Jawa Tengah: Keajaiban Warisan Dunia
Di Kabupaten Magelang, Jawa Tengah, yang tidak jauh dari Yogyakarta, terletak Candi Borobudur, candi Buddha terbesar di dunia. Borobudur adalah salah satu situs warisan budaya paling penting di Indonesia karena keagungan arsitekturnya dan nilai sejarahnya.
Sejarah: Candi Borobudur dibangun pada abad ke-8 hingga ke-9 Masehi selama Dinasti Syailendra. Setelah terkubur oleh abu vulkanik selama berabad-abad, Candi Borobudur ditemukan kembali pada tahun 1814 oleh Thomas Stamford Raffles selama pemerintahan Inggris di Jawa. Pada tahun 1991, Candi ini ditetapkan sebagai Situs Warisan Dunia karena nilai sejarah, budaya, dan arsitekturnya yang luar biasa.

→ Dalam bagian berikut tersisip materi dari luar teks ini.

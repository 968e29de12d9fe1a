-- ===== src/Integer/Remainders/Reduce.antt =====
-- A round of the loops of src/integer/integer.c, and the remainder.
use slim_data_crypt.Common.{
  ℕ, zero, suc, ◌+◌, ◌*◌, ◌<◌, ◌≤◌, ◌≡◌, refl, ap, sym, ◌∙◌, List, length, All, arith, bit_or, leb,
  Bool-cases, inl, inr,
}
use slim_data_crypt.Common.Bits.Masks.{or_none_left}
use slim_data_crypt.Integer.{IsWord, value, scale, sub_ctl, gte}
use slim_data_crypt.Common.{◌⊎◌}
use slim_data_crypt.Integer.Values.{scale_cases, value-lt_scale, scale_zero}
use slim_data_crypt.Integer.Masks.{sub_ctl-Difference}
use slim_data_crypt.Integer.Compare.{gte_lem}

-- `n` words of a number below the modulus, and `ge` moduli, make `total`.
pub record Reduced (n : List ℕ) (total ge : ℕ) (out : List ℕ) : Type 0 where
  pub same_length : length out ≡ length n
  pub words : All IsWord out
  pub below : value out < value n
  pub bit : ge ≤ 1
  pub sum : value out + ge * value n ≡ total

-- The borrow of the subtraction is the carry of the doubling.
same_top :
    (s n r o c b : ℕ)
    → (c ≡ 0) ⊎ (c ≡ s)
    → (b ≡ 0) ⊎ (b ≡ s)
    → n < s
    → o < s
    → r < s
    → r + c < n + n
    → n ≤ r + c
    → o + n ≡ r + b
    → o + n ≡ r + c
same_top s n r o c b (inl p) (inl q) h k l t u e = omega arith
same_top s n r o c b (inl p) (inr q) h k l t u e = omega arith
same_top s n r o c b (inr p) (inl q) h k l t u e = omega arith
same_top s n r o c b (inr p) (inr q) h k l t u e = omega arith

same_low :
    (s n r o c b : ℕ)
    → (c ≡ 0) ⊎ (c ≡ s)
    → (b ≡ 0) ⊎ (b ≡ s)
    → n < s
    → o < s
    → r + c < n
    → o ≡ r + b
    → o ≡ r + c
same_low s n r o c b (inl p) (inl q) h k t e = omega arith
same_low s n r o c b (inl p) (inr q) h k t e = omega arith
same_low s n r o c b (inr p) (inl q) h k t e = omega arith
same_low s n r o c b (inr p) (inr q) h k t e = omega arith

-- One subtraction is enough, with the carry of the doubling taken into account.
module _ (n r : List ℕ) (c : ℕ) (size : length r ≡ length n) (words : All IsWord r)
    (moduli : All IsWord n) (bit : c ≤ 1)
    (small : value r + scale (length n) c < value n + value n) where
  kept :
      value r + scale (length n) c < value n
      → Reduced n (value r + scale (length n) c) 0 (sub_ctl r n 0).0
  kept less =
      let d = sub_ctl-Difference r n 0 size words moduli (omega arith) in
      let out = sub_ctl r n 0 in
      let long : length out.0 ≡ length n = d.same_length ∙ size in
      let top : value out.0 < scale (length n) 1 = rw long at (value-lt_scale out.0 d.words) in
      let same : value out.0 ≡ value r + scale (length n) c =
        same_low (scale (length n) 1) (value n) (value r) (value out.0) (scale (length n) c)
          (scale (length n) out.1) (scale_cases (length n) c bit)
          (scale_cases (length n) out.1 d.bit) (value-lt_scale n moduli) top less
          (omega (arith, (rw size at d.difference))) in
      record {
        same_length = long;
        words = d.words;
        below = omega arith;
        bit = omega arith;
        sum = omega arith;
      }

  taken :
      value n ≤ value r + scale (length n) c
      → Reduced n (value r + scale (length n) c) 1 (sub_ctl r n 1).0
  taken more =
      let d = sub_ctl-Difference r n 1 size words moduli (omega arith) in
      let out = sub_ctl r n 1 in
      let long : length out.0 ≡ length n = d.same_length ∙ size in
      let top : value out.0 < scale (length n) 1 = rw long at (value-lt_scale out.0 d.words) in
      let room : value r < scale (length n) 1 = rw size at (value-lt_scale r words) in
      let same : value out.0 + value n ≡ value r + scale (length n) c =
        same_top (scale (length n) 1) (value n) (value r) (value out.0) (scale (length n) c)
          (scale (length n) out.1) (scale_cases (length n) c bit)
          (scale_cases (length n) out.1 d.bit) (value-lt_scale n moduli) top room small more
          (omega (arith, (rw size at d.difference))) in
      record {
        same_length = long;
        words = d.words;
        below = omega arith;
        bit = omega arith;
        sum = omega arith;
      }

  pub subtracted :
      Reduced n
        (value r + scale (length n) c)
        (bit_or (gte r n) c)
        (sub_ctl r n (bit_or (gte r n) c)).0
  subtracted = elim (Bool-cases (leb (value n) (value r))) [
    | inl f ↦
        let flag : bit_or 1 c ≡ 1 = flag_on c bit in
        rw (gte_lem r n size words moduli, f, flag) (taken (ground arith))
    | inr f ↦
        rw (gte_lem r n size words moduli, f, or_none_left c) (by_carry c bit refl (ground arith))
  ]
    where
      flag_on : (c : ℕ) → c ≤ 1 → bit_or 1 c ≡ 1
      flag_on zero h = refl
      flag_on (suc zero) h = refl
      flag_on (suc (suc c)) h = absurd (omega arith)

      by_carry :
          (b : ℕ)
          → b ≤ 1
          → b ≡ c
          → value r < value n
          → Reduced n (value r + scale (length n) c) b (sub_ctl r n b).0
      by_carry zero h e less =
          let none : scale (length n) c ≡ 0 =
            ap (scale (length n)) (sym e) ∙ scale_zero (length n) in
          kept (omega arith)
      by_carry (suc zero) h e less =
          let one : scale (length n) c ≡ scale (length n) 1 = ap (scale (length n)) (sym e) in
          taken (omega (arith, value-lt_scale n moduli, one))
      by_carry (suc (suc b)) h e less = absurd (omega arith)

Struktur dan arsitektur Borobudur dibangun menggunakan sistem kunci batu yang saling mengikat daripada semen tradisional ciptaan insinyur kuno.
Struktur candi terdiri dari 9 tingkat (6 persegi, 3 lingkaran, dan 504 arca Buddha), 2.672 panel relief, dan 72 stupa berlubang di bagian atas.
Di puncaknya terdapat stupa utama besar, Nirwana, yang merupakan pencapaian tertinggi dalam ajaran Buddha.
Secara filosofis, struktur Borobudur menunjukkan tiga tingkatan kehidupan dalam ajaran Buddha: 1. Kamadhatu—dunia nafsu; 2. Rupadhatu—dunia bentuk; dan 3. Arupadhatu—dunia tanpa bentuk.
Dinding Borobudur dihiasi dengan relief yang menceritakan tentang kehidupan Buddha, hukum karma, dan ajaran moral. Relief ini memberikan informasi tentang kehidupan masyarakat Jawa kuno selain menjadi karya seni yang indah.
Candi Borobudur adalah simbol kebesaran peradaban Nusantara lebih dari sekedar struktur batu raksasa. Borobudur adalah kebanggaan Indonesia yang mendunia karena keindahan arsitekturnya, kekayaan reliefnya, dan nilai spiritualnya.
Perjalanan ke Borobudur adalah pengalaman yang tak terlupakan yang menyelami sejarah, budaya, dan kepercayaan.